Would you restate the entries below exactly, keeping every line?
□ □ □ □ □
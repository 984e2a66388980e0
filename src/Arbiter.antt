-- ===== src/Arbiter.antt =====
-- The arbiter's side of the control protocol: arbiter/comm_core.c, built for the pipelined
-- allocator without emulation.
pub mod Node
pub mod Reports
pub mod Demands
pub mod Allocs
pub mod Pending
pub mod Packets
pub mod Exchange
pub mod Tests
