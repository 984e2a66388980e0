-- ===== src/Base/Word.antt =====
-- Fixed-width arithmetic of C: casts, wrapping sums and differences, shifts and complements.
use Prim.Native.Nat.{ℕ, ◌+◌, ◌-◌, ◌*◌, ◌/◌, ◌%◌, ◌^◌}

abbrev pub u8 : ℕ → ℕ
u8 n = n % 2 ^ 8

abbrev pub u16 : ℕ → ℕ
u16 n = n % 2 ^ 16

abbrev pub u32 : ℕ → ℕ
u32 n = n % 2 ^ 32

abbrev pub u64 : ℕ → ℕ
u64 n = n % 2 ^ 64

-- `a - b` on 64-bit, 32-bit and 16-bit words; the modulus comes first, since `-` stops at 0.
abbrev pub sub64 : ℕ → ℕ → ℕ
sub64 a b = (a + 2 ^ 64 - b) % 2 ^ 64

abbrev pub sub32 : ℕ → ℕ → ℕ
sub32 a b = (a + 2 ^ 32 - b) % 2 ^ 32

abbrev pub sub16 : ℕ → ℕ → ℕ
sub16 a b = (a + 2 ^ 16 - b) % 2 ^ 16

abbrev pub add64 : ℕ → ℕ → ℕ
add64 a b = (a + b) % 2 ^ 64

abbrev pub add32 : ℕ → ℕ → ℕ
add32 a b = (a + b) % 2 ^ 32

-- `w << k` and `w >> k` on 64-bit words, for k below 64.
abbrev pub shl64 : ℕ → ℕ → ℕ
shl64 w k = w * 2 ^ k % 2 ^ 64

abbrev pub shr64 : ℕ → ℕ → ℕ
shr64 w k = w / 2 ^ k

-- `~w` on a 64-bit word.
abbrev pub not64 : ℕ → ℕ
not64 w = 2 ^ 64 - 1 - w

abbrev pub ones64 : ℕ
ones64 = 2 ^ 64 - 1
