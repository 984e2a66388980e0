-- ===== src/Base/Table.antt =====
-- A C array whose length does not matter to the code, as a function of the index.
use Prim.Native.Nat.{ℕ}
use mathlib.Core.Path.{◌≡◌, refl, fun_ext}
use mathlib.Core.Logic.{inl, inr}
use native.Mathlib.Omega.{arith}
use flexplane.Base.Tests.{◌==◌, if◌then◌else◌, Bool-cases}

unfoldable pub update {ℓ} : {A : Type ℓ} → (ℕ → A) → ℕ → A → ℕ → A
update f i v j = if i == j then v else f j

pub update_lem {ℓ} :
    {A : Type ℓ} (f : ℕ → A) (i j : ℕ) (v : A) → update f i v j ≡ (if i == j then v else f j)
unfolding update
update_lem f i j v = ground arith

pub update-update {ℓ} :
    {A : Type ℓ} (f : ℕ → A) (i : ℕ) (v w : A) → update (update f i v) i w ≡ update f i w
update-update f i v w = fun_ext λ j. elim (Bool-cases (i == j)) [
  | inl same ↦ rw (update_lem (update f i v) i j w, update_lem f i j w, same) refl
  | inr other ↦
      rw (update_lem (update f i v) i j w, update_lem f i j w, other, update_lem f i j v, other)
        refl
]
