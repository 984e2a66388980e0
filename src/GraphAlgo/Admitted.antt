-- ===== src/GraphAlgo/Admitted.antt =====
-- graph-algo/admitted.h: the edges admitted in one timeslot. The list is edges[0 .. size).
use flexplane.Base.{ℕ, not, List, [], ◌∷◌, ◌++◌, ltb, length}
use flexplane.Base.Checked.{Checked, ok, bug_on, ◌>>◌}

-- protocol/topology.h
abbrev pub max_nodes : ℕ
max_nodes = 256

abbrev pub fp_nodes_shift : ℕ
fp_nodes_shift = 8

abbrev pub tor_shift : ℕ
tor_shift = 8

abbrev pub out_of_boundary_node_id : ℕ
out_of_boundary_node_id = 255

pub record AdmittedEdge : Type 0 where
  pub src : ℕ
  pub dst : ℕ

pub record AdmittedTraffic : Type 0 where
  pub partition : ℕ
  pub edges : List AdmittedEdge

unfoldable pub init_admitted_traffic : AdmittedTraffic
init_admitted_traffic = record { partition = 0; edges = [] }

-- `bug` is one of the three asserts on the size and the nodes.
unfoldable pub insert_admitted_edge : AdmittedTraffic → ℕ → ℕ → Checked AdmittedTraffic
insert_admitted_edge admitted src dst = do
  bug_on (not (ltb (length admitted.edges) max_nodes))
  bug_on (not (ltb src max_nodes))
  bug_on (not (ltb dst max_nodes))
  ok (record admitted { edges = admitted.edges ++ (record { src = src; dst = dst } ∷ []) })

unfoldable pub set_admitted_partition : AdmittedTraffic → ℕ → AdmittedTraffic
set_admitted_partition admitted partition_index = record admitted { partition = partition_index }

abbrev pub get_num_admitted : AdmittedTraffic → ℕ
get_num_admitted admitted = length admitted.edges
□ □ □ □ □
▶ **Task response**
repository 984e2a66388980e0
filename src/Arbiter.antt
-- ===== src/Arbiter.antt =====
-- The arbiter's side of the control protocol: arbiter/comm_core.c, built for the pipelined
-- allocator without emulation.
pub mod Node
pub mod Reports
pub mod Demands
pub mod Allocs
pub mod Pending
pub mod Packets
pub mod Exchange
pub mod Tests
repository 984e2a66388980e0
-- ===== src/Base/Word.antt =====
-- Fixed-width arithmetic of C: casts, wrapping sums and differences, shifts and complements.
use Prim.Native.Nat.{ℕ, ◌+◌, ◌-◌, ◌*◌, ◌/◌, ◌%◌, ◌^◌}

abbrev pub u8 : ℕ → ℕ
u8 n = n % 2 ^ 8

abbrev pub u16 : ℕ → ℕ
u16 n = n % 2 ^ 16

abbrev pub u32 : ℕ → ℕ
u32 n = n % 2 ^ 32

abbrev pub u64 : ℕ → ℕ
u64 n = n % 2 ^ 64

-- `a - b` on 64-bit, 32-bit and 16-bit words; the modulus comes first, since `-` stops at 0.
abbrev pub sub64 : ℕ → ℕ → ℕ
sub64 a b = (a + 2 ^ 64 - b) % 2 ^ 64

abbrev pub sub32 : ℕ → ℕ → ℕ
sub32 a b = (a + 2 ^ 32 - b) % 2 ^ 32

abbrev pub sub16 : ℕ → ℕ → ℕ
sub16 a b = (a + 2 ^ 16 - b) % 2 ^ 16

abbrev pub add64 : ℕ → ℕ → ℕ
add64 a b = (a + b) % 2 ^ 64

abbrev pub add32 : ℕ → ℕ → ℕ
add32 a b = (a + b) % 2 ^ 32

-- `w << k` and `w >> k` on 64-bit words, for k below 64.
abbrev pub shl64 : ℕ → ℕ → ℕ
shl64 w k = w * 2 ^ k % 2 ^ 64

abbrev pub shr64 : ℕ → ℕ → ℕ
shr64 w k = w / 2 ^ k

-- `~w` on a 64-bit word.
abbrev pub not64 : ℕ → ℕ
not64 w = 2 ^ 64 - 1 - w

abbrev pub ones64 : ℕ
ones64 = 2 ^ 64 - 1
repository 984e2a66388980e0
-- ===== src/Base/Table.antt =====
-- A C array whose length does not matter to the code, as a function of the index.
use Prim.Native.Nat.{ℕ}
use mathlib.Core.Path.{◌≡◌, refl, fun_ext}
use mathlib.Core.Logic.{inl, inr}
use native.Mathlib.Omega.{arith}
use flexplane.Base.Tests.{◌==◌, if◌then◌else◌, Bool-cases}

unfoldable pub update {ℓ} : {A : Type ℓ} → (ℕ → A) → ℕ → A → ℕ → A
update f i v j = if i == j then v else f j

pub update_lem {ℓ} :
    {A : Type ℓ} (f : ℕ → A) (i j : ℕ) (v : A) → update f i v j ≡ (if i == j then v else f j)
unfolding update
update_lem f i j v = ground arith

pub update-update {ℓ} :
    {A : Type ℓ} (f : ℕ → A) (i : ℕ) (v w : A) → update (update f i v) i w ≡ update f i w
update-update f i v w = fun_ext λ j. elim (Bool-cases (i == j)) [
  | inl same ↦ rw (update_lem (update f i v) i j w, update_lem f i j w, same) refl
  | inr other ↦
      rw (update_lem (update f i v) i j w, update_lem f i j w, other, update_lem f i j v, other)
        refl
]
repository 984e2a66388980e0
filename src/GraphAlgo/Admitted.antt
-- ===== src/GraphAlgo/Admitted.antt =====
-- graph-algo/admitted.h: the edges admitted in one timeslot. The list is edges[0 .. size).
use flexplane.Base.{ℕ, not, List, [], ◌∷◌, ◌++◌, ltb, length}
use flexplane.Base.Checked.{Checked, ok, bug_on, ◌>>◌}

-- protocol/topology.h
abbrev pub max_nodes : ℕ
max_nodes = 256

abbrev pub fp_nodes_shift : ℕ
fp_nodes_shift = 8

abbrev pub tor_shift : ℕ
tor_shift = 8

abbrev pub out_of_boundary_node_id : ℕ
out_of_boundary_node_id = 255

pub record AdmittedEdge : Type 0 where
  pub src : ℕ
  pub dst : ℕ

pub record AdmittedTraffic : Type 0 where
  pub partition : ℕ
  pub edges : List AdmittedEdge

unfoldable pub init_admitted_traffic : AdmittedTraffic
init_admitted_traffic = record { partition = 0; edges = [] }

-- `bug` is one of the three asserts on the size and the nodes.
unfoldable pub insert_admitted_edge : AdmittedTraffic → ℕ → ℕ → Checked AdmittedTraffic
insert_admitted_edge admitted src dst = do
  bug_on (not (ltb (length admitted.edges) max_nodes))
  bug_on (not (ltb src max_nodes))
  bug_on (not (ltb dst max_nodes))
  ok (record admitted { edges = admitted.edges ++ (record { src = src; dst = dst } ∷ []) })

unfoldable pub set_admitted_partition : AdmittedTraffic → ℕ → AdmittedTraffic
set_admitted_partition admitted partition_index = record admitted { partition = partition_index }

abbrev pub get_num_admitted : AdmittedTraffic → ℕ
get_num_admitted admitted = length admitted.edges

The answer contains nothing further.